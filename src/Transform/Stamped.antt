-- ===== src/Transform/Stamped.antt =====
-- What the transformation leaves of a voucher.
use eco_green_zoho_migration.Base.{
  Text, ◌≡◌, ◌⊎◌, true, false, Option, none, some, List, [], ◌∷◌, ◌++◌, find, exists, ◌==◌, text_Eq,
  nat_Eq, option_text_Eq, text,
}
use eco_green_zoho_migration.Errors.{Result, ok, err, unmapped_entity}
use eco_green_zoho_migration.Mapping.{MappingRule, resolve_rule}
use eco_green_zoho_migration.Store.{Store, Voucher}
use eco_green_zoho_migration.Audit.{Context}
use eco_green_zoho_migration.Transform.Payload.{Payload}
use eco_green_zoho_migration.Transform.Document.{build_payload}
use eco_green_zoho_migration.Transform.Run.{
  Encoding, is_preview_of, preview_of, stamped, lines_of, blocked_unmapped,
}

abbrev pub row_of : Voucher → Store → Option Voucher
row_of v s = find (λ x. x.id == v.id) s.vouchers

-- The voucher is blocked for a rule that is missing.
abbrev pub IsBlocked : Voucher → Store → Type 0
IsBlocked v t = row_of v t ≡ some (blocked_unmapped v)

-- The voucher carries the hash of the document that was built of its lines, and a preview with its key is
-- there: the one that was there before, or, if none was, the one of this document.
abbrev pub IsStampedWith :
    Encoding → Context → (version : Text) → MappingRule → Payload → Voucher → Store → Store → Type 0
IsStampedWith e ctx version route p v s t =
    (row_of v t ≡ some (stamped e version route p v))
    × (exists (is_preview_of v version route.mapping_version) s.preview_payloads ≡ true
        → t.preview_payloads ≡ s.preview_payloads)
    × (exists (is_preview_of v version route.mapping_version) s.preview_payloads ≡ false
        → t.preview_payloads ≡ s.preview_payloads ++ preview_of e ctx v version route p ∷ [])

-- The rule by which the mapping routes a voucher: the MODULE_ROUTE of its type on its own date.
abbrev pub routes : List MappingRule → Voucher → Result (Option MappingRule)
routes rules v = resolve_rule rules (record {
  rule_type = text "MODULE_ROUTE";
  source_key = v.source_transaction_type;
  on_date = v.transaction_date;
})

-- No rule routes the voucher, or its document lacks one.
abbrev pub IsUnmapped : (run_id : Text) → List MappingRule → Voucher → Store → Type 0
IsUnmapped run_id rules v s =
    (routes rules v ≡ ok none)
    ⊎ ((route : MappingRule) × (rule_type : Text) × (source_key : Option Text) × (routes rules v
          ≡ ok (some route))
        × (build_payload route.target_value rules v (lines_of run_id v s)
            ≡ err (unmapped_entity rule_type source_key)))

-- The two ways in which `transformRun` leaves a voucher that it has dealt with.
abbrev pub IsDealtWith :
    Encoding
    → Context
    → (run_id version : Text) → List MappingRule
    → Voucher
    → Store
    → Store
    → Type 0
IsDealtWith e ctx run_id version rules v s t =
    (IsUnmapped run_id rules v s × IsBlocked v t)
    ⊎ ((route : MappingRule) × (p : Payload) × (routes rules v ≡ ok (some route))
        × (build_payload route.target_value rules v (lines_of run_id v s) ≡ ok p)
        × IsStampedWith e ctx version route p v s t)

▶ **THE PROBLEM**
Give the data back in full, exactly as written.

▶ **WRITTEN ANSWER**
filename src/Transform/Stamped.antt
-- ===== src/Transform/Stamped.antt =====
-- What the transformation leaves of a voucher.
use eco_green_zoho_migration.Base.{
  Text, ◌≡◌, ◌⊎◌, true, false, Option, none, some, List, [], ◌∷◌, ◌++◌, find, exists, ◌==◌, text_Eq,
  nat_Eq, option_text_Eq, text,
}
use eco_green_zoho_migration.Errors.{Result, ok, err, unmapped_entity}
use eco_green_zoho_migration.Mapping.{MappingRule, resolve_rule}
use eco_green_zoho_migration.Store.{Store, Voucher}
use eco_green_zoho_migration.Audit.{Context}
use eco_green_zoho_migration.Transform.Payload.{Payload}
use eco_green_zoho_migration.Transform.Document.{build_payload}
use eco_green_zoho_migration.Transform.Run.{
  Encoding, is_preview_of, preview_of, stamped, lines_of, blocked_unmapped,
}

abbrev pub row_of : Voucher → Store → Option Voucher
row_of v s = find (λ x. x.id == v.id) s.vouchers

-- The voucher is blocked for a rule that is missing.
abbrev pub IsBlocked : Voucher → Store → Type 0
IsBlocked v t = row_of v t ≡ some (blocked_unmapped v)

-- The voucher carries the hash of the document that was built of its lines, and a preview with its key is
-- there: the one that was there before, or, if none was, the one of this document.
abbrev pub IsStampedWith :
    Encoding → Context → (version : Text) → MappingRule → Payload → Voucher → Store → Store → Type 0
IsStampedWith e ctx version route p v s t =
    (row_of v t ≡ some (stamped e version route p v))
    × (exists (is_preview_of v version route.mapping_version) s.preview_payloads ≡ true
        → t.preview_payloads ≡ s.preview_payloads)
    × (exists (is_preview_of v version route.mapping_version) s.preview_payloads ≡ false
        → t.preview_payloads ≡ s.preview_payloads ++ preview_of e ctx v version route p ∷ [])

-- The rule by which the mapping routes a voucher: the MODULE_ROUTE of its type on its own date.
abbrev pub routes : List MappingRule → Voucher → Result (Option MappingRule)
routes rules v = resolve_rule rules (record {
  rule_type = text "MODULE_ROUTE";
  source_key = v.source_transaction_type;
  on_date = v.transaction_date;
})

-- No rule routes the voucher, or its document lacks one.
abbrev pub IsUnmapped : (run_id : Text) → List MappingRule → Voucher → Store → Type 0
IsUnmapped run_id rules v s =
    (routes rules v ≡ ok none)
    ⊎ ((route : MappingRule) × (rule_type : Text) × (source_key : Option Text) × (routes rules v
          ≡ ok (some route))
        × (build_payload route.target_value rules v (lines_of run_id v s)
            ≡ err (unmapped_entity rule_type source_key)))

-- The two ways in which `transformRun` leaves a voucher that it has dealt with.
abbrev pub IsDealtWith :
    Encoding
    → Context
    → (run_id version : Text) → List MappingRule
    → Voucher
    → Store
    → Store
    → Type 0
IsDealtWith e ctx run_id version rules v s t =
    (IsUnmapped run_id rules v s × IsBlocked v t)
    ⊎ ((route : MappingRule) × (p : Payload) × (routes rules v ≡ ok (some route))
        × (build_payload route.target_value rules v (lines_of run_id v s) ≡ ok p)
        × IsStampedWith e ctx version route p v s t)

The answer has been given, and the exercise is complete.